### TO DO
As soon as the line containing "after_create-Moves manifests none" appears, copy it and every following line word for word until the records end.

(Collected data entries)

=== Begin Enclosure ===

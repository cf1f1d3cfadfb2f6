-- ===== src/Sources/Reconcilers/Diagram.antt =====
-- The diagram of the phases of an OperatorSource, and that every phase reconciler follows it.
use operator_marketplace.Common.{
  ℕ, String, ◌≡◌, refl, true, Option, none, some, List, [], ◌∷◌, arith, ◌==◌, eq_iff, Bool-cases,
  inl, inr,
}
use operator_marketplace.Common.Errors.{Error, Result, ok, err, is_not_found, is_already_exists}
use operator_marketplace.Api.Meta.{Phase, new_phase, ensure_finalizer}
use operator_marketplace.Api.OperatorSource.{
  OperatorSource, current_phase_name, ensure_source_finalizer,
}
use operator_marketplace.Phase.{
  initial, configuring, succeeded, failed, validating, downloading, purging, get_next,
  get_next_with_message,
}
use operator_marketplace.Datastore.Metadata.{RegistryMetadata}
use operator_marketplace.Api.CatalogSourceConfig.{CatalogSourceConfig}
use operator_marketplace.Cluster.{Environment, Options}
use operator_marketplace.Sources.World.{Reconciled, World}
use operator_marketplace.Sources.Reconcilers.{
  initial_reconcile, validating_reconcile, downloading_reconcile, configuring_reconcile,
  succeeded_reconcile, failed_reconcile, purging_reconcile, advance, fail_into, err_empty_manifests,
  validated, finish_download, after_write, store_manifests, list_with, connect, configured,
  update_existing, after_create, reset_status, purged,
}

-- The arrows between phases, those to itself for a retry.
pub data Arrow : String → String → Type 0 where
  validate : Arrow initial validating
  download : Arrow validating downloading
  reject : Arrow validating failed
  retry_download : Arrow downloading downloading
  give_up : Arrow downloading failed
  configure : Arrow downloading configuring
  retry_configure : Arrow configuring configuring
  succeed : Arrow configuring succeeded
  retry_purge : Arrow purging purging
  restart : Arrow purging initial

abbrev pub Follows : String → Option Phase → Type 0
Follows name none = Unit
Follows name (some next) = Arrow name next.name

-- What a phase reconciler leaves alone.
pub record IsKept (o out : OperatorSource) : Type 0 where
  pub name : out.meta.name ≡ o.meta.name
  pub namespace : out.meta.namespace ≡ o.meta.namespace
  pub uid : out.meta.uid ≡ o.meta.uid
  pub spec : out.spec ≡ o.spec
  pub phase : out.status.current_phase ≡ o.status.current_phase

-- The result of a reconciler for phase `from`: an object comes back, with its identity and its
-- phase kept, and the next phase follows the diagram.
abbrev pub Moves : String → OperatorSource → Reconciled → Type 0
Moves from o r = elim r.out [ none ↦ ⊥ | some out ↦ IsKept o out × Follows from r.next_phase ]

IsKept-refl : (o : OperatorSource) → IsKept o o
IsKept-refl o = record { name = refl; namespace = refl; uid = refl; spec = refl; phase = refl }

fail_into-Moves :
    (from to : String) (o : OperatorSource) (e : Error)
    → Arrow from to
    → Moves from o (fail_into o to e)
unfolding get_next_with_message new_phase
fail_into-Moves from to o e a = (IsKept-refl o, a)

advance-Moves :
    (from to : String) (o out : OperatorSource)
    → IsKept o out
    → Arrow from to
    → Moves from o (advance out to)
unfolding get_next new_phase
advance-Moves from to o out k a = (k, a)

-- The guard of a reconciler is passed in its own phase.
guard_passed :
    (o : OperatorSource) (p : String)
    → current_phase_name o ≡ p
    → (current_phase_name o == p) ≡ true
guard_passed o p e = (eq_iff (current_phase_name o) p).1 e

module _ (E : Environment) (o : OperatorSource) where
  pub initial-Moves :
      (w : World E) → current_phase_name o ≡ initial → Moves initial o (initial_reconcile E o w).0
  unfolding initial_reconcile
  initial-Moves w e = rw (guard_passed o initial e) (
      advance-Moves initial validating o (ensure_source_finalizer o)
        (unfold ensure_source_finalizer ensure_finalizer in ground arith) validate)

  validated-Moves : (r : Option Error) → Moves validating o (validated E o r)
  unfolding get_next_with_message new_phase
  validated-Moves none = advance-Moves validating downloading o o (IsKept-refl o) download
  validated-Moves (some e) = (IsKept-refl o, reject)

  pub validating-Moves :
      (w : World E)
      → current_phase_name o ≡ validating
      → Moves validating o (validating_reconcile E o w).0
  unfolding validating_reconcile
  validating-Moves w e =
      rw (guard_passed o validating e) (validated-Moves (E.parse_request_uri o.spec.endpoint))

  finish_download-Moves : (w : World E) → Moves downloading o (finish_download E o w).0
  unfolding finish_download
  finish_download-Moves w =
      advance-Moves downloading configuring o _
        (record { name = refl; namespace = refl; uid = refl; spec = refl; phase = refl }) configure

  after_write-Moves :
      (r : ℕ × Option Error) (w : World E) → Moves downloading o (after_write E o r w).0
  unfolding after_write
  after_write-Moves (count, none) w = finish_download-Moves w
  after_write-Moves (ℕ.zero, some e) w = fail_into-Moves downloading failed o e give_up
  after_write-Moves (ℕ.suc count, some e) w = finish_download-Moves w

  store_manifests-Moves :
      (r : Result (List RegistryMetadata)) (w : World E)
      → Moves downloading o (store_manifests E o r w).0
  unfolding store_manifests
  store_manifests-Moves (err e) w = fail_into-Moves downloading downloading o e retry_download
  store_manifests-Moves (ok []) w =
      fail_into-Moves downloading failed o (err_empty_manifests E) give_up
  store_manifests-Moves (ok (m ∷ ms)) w = after_write-Moves _ _

  list_with-Moves : (r : Result Options) (w : World E) → Moves downloading o (list_with E o r w).0
  unfolding list_with
  list_with-Moves (err e) w = fail_into-Moves downloading downloading o e retry_download
  list_with-Moves (ok registry) w = store_manifests-Moves _ _

  connect-Moves : (r : Result Options) (w : World E) → Moves downloading o (connect E o r w).0
  unfolding connect
  connect-Moves (err e) w = fail_into-Moves downloading downloading o e retry_download
  connect-Moves (ok options) w = list_with-Moves _ w

  pub downloading-Moves :
      (w : World E)
      → current_phase_name o ≡ downloading
      → Moves downloading o (downloading_reconcile E o w).0
  unfolding downloading_reconcile
  downloading-Moves w e = rw (guard_passed o downloading e) (connect-Moves _ _)

  configured-Moves : (r : Option Error) → Moves configuring o (configured E o r)
  configured-Moves none = advance-Moves configuring succeeded o o (IsKept-refl o) succeed
  configured-Moves (some e) = fail_into-Moves configuring configuring o e retry_configure

  update_existing-Moves :
      (manifests : String) (r : Result CatalogSourceConfig) (w : World E)
      → Moves configuring o (update_existing E o manifests r w).0
  unfolding update_existing
  update_existing-Moves manifests (err e) w =
      fail_into-Moves configuring configuring o e retry_configure
  update_existing-Moves manifests (ok existing) w = configured-Moves _

  after_create-Moves :
      (manifests : String) (r : Option Error) (w : World E)
      → Moves configuring o (after_create E o manifests r w).0
  unfolding after_create
  after_create-Moves manifests none w =
      advance-Moves configuring succeeded o o (IsKept-refl o) succeed
  after_create-Moves manifests (some e) w = elim (Bool-cases (is_already_exists e)) [
    | inl p ↦ rw p (update_existing-Moves manifests _ _)
    | inr p ↦ rw p (fail_into-Moves configuring configuring o e retry_configure)
  ]

  pub configuring-Moves :
      (w : World E)
      → current_phase_name o ≡ configuring
      → Moves configuring o (configuring_reconcile E o w).0
  unfolding configuring_reconcile
  configuring-Moves w e = rw (guard_passed o configuring e) (after_create-Moves _ _ _)

  IsKept-reset : IsKept o (reset_status E o)
  IsKept-reset = record { name = refl; namespace = refl; uid = refl; spec = refl; phase = refl }

  purged-Moves : (r : Option Error) → Moves purging o (purged E o r)
  unfolding get_next new_phase
  purged-Moves none = advance-Moves purging initial o (reset_status E o) IsKept-reset restart
  purged-Moves (some e) = elim (Bool-cases (is_not_found e)) [
    | inl p ↦ rw p (IsKept-reset, restart)
    | inr p ↦ rw p (fail_into-Moves purging purging o e retry_purge)
  ]

  pub purging-Moves :
      (w : World E) → current_phase_name o ≡ purging → Moves purging o (purging_reconcile E o w).0
  unfolding purging_reconcile
  purging-Moves w e = rw (guard_passed o purging e) (purged-Moves _)

  pub succeeded-Moves :
      (w : World E)
      → current_phase_name o ≡ succeeded
      → Moves succeeded o (succeeded_reconcile E o w).0
  unfolding succeeded_reconcile
  succeeded-Moves w e = rw (guard_passed o succeeded e) (IsKept-refl o, tt)

  pub failed-Moves :
      (w : World E) → current_phase_name o ≡ failed → Moves failed o (failed_reconcile E o w).0
  unfolding failed_reconcile
  failed-Moves w e = rw (guard_passed o failed e) (IsKept-refl o, tt)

=== End Enclosure ===

### EXPECTED ANSWER
  after_create-Moves manifests none w =
      advance-Moves configuring succeeded o o (IsKept-refl o) succeed
  after_create-Moves manifests (some e) w = elim (Bool-cases (is_already_exists e)) [
    | inl p ↦ rw p (update_existing-Moves manifests _ _)
    | inr p ↦ rw p (fail_into-Moves configuring configuring o e retry_configure)
  ]

  pub configuring-Moves :
      (w : World E)
      → current_phase_name o ≡ configuring
      → Moves configuring o (configuring_reconcile E o w).0
  unfolding configuring_reconcile
  configuring-Moves w e = rw (guard_passed o configuring e) (after_create-Moves _ _ _)

  IsKept-reset : IsKept o (reset_status E o)
  IsKept-reset = record { name = refl; namespace = refl; uid = refl; spec = refl; phase = refl }

  purged-Moves : (r : Option Error) → Moves purging o (purged E o r)
  unfolding get_next new_phase
  purged-Moves none = advance-Moves purging initial o (reset_status E o) IsKept-reset restart
  purged-Moves (some e) = elim (Bool-cases (is_not_found e)) [
    | inl p ↦ rw p (IsKept-reset, restart)
    | inr p ↦ rw p (fail_into-Moves purging purging o e retry_purge)
  ]

  pub purging-Moves :
      (w : World E) → current_phase_name o ≡ purging → Moves purging o (purging_reconcile E o w).0
  unfolding purging_reconcile
  purging-Moves w e = rw (guard_passed o purging e) (purged-Moves _)

  pub succeeded-Moves :
      (w : World E)
      → current_phase_name o ≡ succeeded
      → Moves succeeded o (succeeded_reconcile E o w).0
  unfolding succeeded_reconcile
  succeeded-Moves w e = rw (guard_passed o succeeded e) (IsKept-refl o, tt)

  pub failed-Moves :
      (w : World E) → current_phase_name o ≡ failed → Moves failed o (failed_reconcile E o w).0
  unfolding failed_reconcile
  failed-Moves w e = rw (guard_passed o failed e) (IsKept-refl o, tt)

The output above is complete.